Friday, January 18, 2013

Elsie Kagan’s Studio Visit by Melissa Staiger


Second Sleep” acrylic and oil on canvas, 60” x 60”, 2012


Elsie’s energetic mark making and almost undoing of images with paint strokes and overlapping depictions make me question memory, time and location.  I was struck by the composition of “Second Sleep”.  It uses the white of the painting that divides the composition into almost three sections.  The very dark night painting and contrast of the raw white canvas leads your eye to contemplate the reason for such a strong gesture.

Than Elsie told me what the title meant…

Back in the day, when Europeans were in rhythm with the cycles of the sun and the moon, they used to go to bed when the sun went down.  When winter rolled around going to bed meant they would go to bed at 5 or 6pm when it got dark.  Their pituitary gland that regulates sleep would wake them up in the middle of the night because the body had rested. So around midnight or 1PM they would wake up get some work done and then go back to sleep until the sun came up.  They called this second sleep.
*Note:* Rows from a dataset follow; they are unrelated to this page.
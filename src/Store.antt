-- ===== src/Store.antt =====
-- crates/mirror-pool-store: the durable store of the coordinator.
pub mod Tables
pub mod Defs
pub mod Sealing
pub mod Lookups
pub mod Loop
pub mod Writing
pub mod Sealed
pub mod Serving
pub mod Totality
pub mod Accepting
pub mod Scheduling
pub mod Succeeding
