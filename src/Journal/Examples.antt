-- ===== src/Journal/Examples.antt =====
-- Runs of the model of src/lib/journal.c, and its theorems at concrete inputs. The values of Lua are
-- numbers here, dumped as one byte.
use turris_updater.Base.{
  ℕ, zero, suc, ◌≤◌, ◌<◌, ◌≡◌, refl, ◌⊎◌, Bool, true, false, List, [], ◌∷◌, ◌++◌, Option, none,
  some, Bytes, codes, arith,
}
use turris_updater.Base.{bytes_eq}
use turris_updater.Journal.Format.{param_len, record_bytes}
use turris_updater.Journal.Write.{WriteAnswer, wrote, interrupted, failed, complete, journal_write}
use turris_updater.Journal.Read.{
  ReadAnswer, got, do_read, filled, refused, Record, journal_read, recover, recovered, undefined,
  parse_header, magic_tail, read_lens, read_params, finish_params, read_body, read_rest,
  recover_loop,
}
use turris_updater.Journal.Read
use turris_updater.Journal.Loops.{journal_write_completes, do_read_lem}
use turris_updater.Journal.Recovery.{Fits}
use turris_updater.Journal.Sequence.{left_by, log_bytes, recover-journal_write}
use turris_updater.Journal.Calls.{
  World, returns, raises, already_open, ◌>>=◌, lua_fresh, lua_finish, lua_opened, journal_exists,
  lua_recover, update,
}
use turris_updater.Journal.Session.{
  journal_path, Holds, write_all, session-recover, start_record, lua_finish_closes,
  lua_fresh_refuses,
}

abbrev dump : ℕ → Bytes
dump v = v ∷ []

abbrev load : Bytes → Option ℕ
load [] = none
load (v ∷ _) = some v

load-dump : (v : ℕ) → load (dump v) ≡ some v
load-dump v = refl

-- Reads of up to four bytes, with interruptions.
abbrev answers_for : ℕ → List ReadAnswer
answers_for zero = []
answers_for (suc n) = Read.interrupted ∷ got 3 ∷ answers_for n

abbrev reads : ℕ → List ReadAnswer
reads _ = answers_for 80

abbrev moved_two : Record ℕ
moved_two = record { type = 5; params = 7 ∷ 9 ∷ [] }

moved_two-Fits : Fits 5 ((7 ∷ []) ∷ (9 ∷ []) ∷ [])
unfolding param_len
moved_two-Fits = omega arith

-- The magic of the tests' empty record, lowest byte first.
empty_record : record_bytes 0 [] ≡ 0 ∷ 0 ∷ 0x7c ∷ 0x2a ∷ 0 ∷ 0 ∷ 0 ∷ 0 ∷ 0x7c ∷ 0x2a ∷ []
unfolding record_bytes
empty_record = refl

-- Eleven bytes of twenty reach the file before the process dies.
cut_write : List WriteAnswer
cut_write = wrote 4 ∷ interrupted ∷ wrote 7 ∷ failed ∷ []

start_bytes : Bytes
unfolding record_bytes
start_bytes = record_bytes 0 []

torn_run :
    recover load reads (record_bytes 0 [] ++ 5 ∷ 2 ∷ 0x76 ∷ 0x2a ∷ 10 ∷ 0 ∷ 0 ∷ [])
    ≡ recovered (record { type = 0; params = [] } ∷ []) (record_bytes 0 [])
unfolding recover record_bytes journal_read
torn_run = refl

-- A body that is too short for its own count of parameters is read past the end of the buffer.
short_body :
    journal_read load
      (answers_for 20)
      (answers_for 20)
      (0 ∷ 200 ∷ 0x7c ∷ 0x2a ∷ 0 ∷ 0 ∷ 0 ∷ 0 ∷ 0x7c ∷ 0x2a ∷ [])
    ≡ undefined
unfolding journal_read
short_body = refl

recover-journal_write_example :
    (recover load reads (left_by dump cut_write moved_two (start_record load dump load-dump ∷ []))
      ≡ recovered
          (start_record load dump load-dump ∷ [])
          (log_bytes dump (start_record load dump load-dump ∷ [])))
    ⊎ (recover load reads (left_by dump cut_write moved_two (start_record load dump load-dump ∷ []))
        ≡ recovered
            (start_record load dump load-dump ∷ moved_two ∷ [])
            (log_bytes dump (start_record load dump load-dump ∷ moved_two ∷ [])))
unfolding cut_write journal_write
recover-journal_write_example =
    recover-journal_write load dump load-dump reads (start_record load dump load-dump ∷ [])
      cut_write moved_two (unfold param_len in omega arith) moved_two-Fits (λ i. omega arith)

journal_write_completes_example :
    journal_write (wrote 4 ∷ interrupted ∷ wrote 100 ∷ []) 5 ((7 ∷ []) ∷ []) (1 ∷ [])
    ≡ complete (1 ∷ record_bytes 5 ((7 ∷ []) ∷ []))
journal_write_completes_example =
    journal_write_completes (wrote 4 ∷ interrupted ∷ wrote 100 ∷ []) 5 ((7 ∷ []) ∷ []) (1 ∷ [])
      (unfold record_bytes in omega arith)

do_read_lem_run :
    (2 ≤ 3 → do_read (answers_for 9) 2 [] (4 ∷ 5 ∷ 6 ∷ []) ≡ filled (4 ∷ 5 ∷ []) (6 ∷ []))
    × (3 < 2 → (z : Bool) × (do_read (answers_for 9) 2 [] (4 ∷ 5 ∷ 6 ∷ []) ≡ refused z))
do_read_lem_run = do_read_lem (answers_for 9) 2 (4 ∷ 5 ∷ 6 ∷ []) (omega arith)

abbrev empty_world : World
empty_world = record { files = λ _. none; fd = none }

abbrev calls : List (List WriteAnswer × Record ℕ)
calls = (wrote 9 ∷ interrupted ∷ wrote 50 ∷ [], moved_two) ∷ []

session-recover_example :
    (w' : World) × (w'' : World) × ((lua_fresh false (wrote 10 ∷ []) (codes "/mnt") empty_world
        >>= λ _ v. write_all dump calls v)
      ≡ returns tt w')
    × (lua_recover load false reads (codes "/mnt") (record w' { fd = none })
        ≡ returns (some (start_record load dump load-dump ∷ moved_two ∷ [])) w'')
session-recover_example =
    session-recover load dump load-dump (wrote 10 ∷ []) reads (codes "/mnt") empty_world calls
      (unfold journal_exists in refl) (unfold record_bytes in omega arith)
      (omega arith, moved_two-Fits, unfold record_bytes in omega arith, tt)
      (λ i. unfold record_bytes in omega arith)

abbrev open_world : World
open_world = record {
  files = update (λ _. none) (journal_path []) (some (1 ∷ []));
  fd = some (journal_path []);
}

open_world-Holds : Holds (journal_path []) (1 ∷ []) open_world
unfolding bytes_eq
open_world-Holds = record { open_at = refl; content = refl }

lua_finish_closes_run :
    (w' : World) × (lua_finish true (wrote 10 ∷ []) open_world ≡ returns tt w')
    × (lua_opened w' ≡ false)
    × (w'.files (journal_path []) ≡ some (1 ∷ record_bytes 1 []))
    × (journal_exists [] w' ≡ true)
lua_finish_closes_run =
    lua_finish_closes true (wrote 10 ∷ []) [] open_world-Holds (unfold record_bytes in omega arith)

lua_fresh_refuses_run :
    lua_fresh false (wrote 10 ∷ []) [] open_world ≡ raises already_open open_world
unfolding lua_opened
lua_fresh_refuses_run =
    lua_fresh_refuses false (wrote 10 ∷ []) [] open_world (unfold journal_exists in refl)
We talked about having children and how parents find themselves awake at weird hours doing things similar to second sleep.  Kagan also let me know about a class she took at Creative Capital called “Strategic Planning for Artists” were she was given the idea of scheduling paintings to get more work done.  Having two children and being a full time artist, this concept proved brilliant in Kagan’s studio.  She was preparing for a solo show and had several square and rectangular paintings to show me.

Her style of painting uses space and overlapping images and loose brush strokes, which give many entrances and exits in the painting.  I found myself on a journey in her work by wondering in the subtleties and transitions from one color or from a smooth line to a more jagged line to having a feeling of seeing a dog morph from one dog to a different dog.

When she was nine years old she lived in the Netherlands and visited the Mauritshuis Collection, where she was enchanted by tiny oil sketches by Franz Hals.  Kagan comments, “His big paintings are weird and mannered but his loose small ones I found absolutely magical.  There was one of a boy smiling, and one of a little sparrow.  I realize that part of the appeal might have been that they were hung lower on the wall panels (at eye level for a little girl).”  The Franz Hals paintings had such an impact on Kagan that the idea of the loose line is seen in her paintings today.

Loud barks were heard during the visit as there is a security guard dog kennel behind her studio.  Many dogs are in her recent paintings, subconsciously from hearing the noises they make and from taking her children to the park and seeing many different kinds of dogs.  Animals are a theme in her work as Kagan once lived near horses and she painted a series of paintings where they appeared.  Horses and dogs both have super senses that humans don’t have to the same extent, like smell, sight and a range of emotional intelligence. As an artist Kagan has this special other sense in her paintings. Go and see this magic in person for her one-person show at 129 Rivington in Manhattan on January 11th 2013.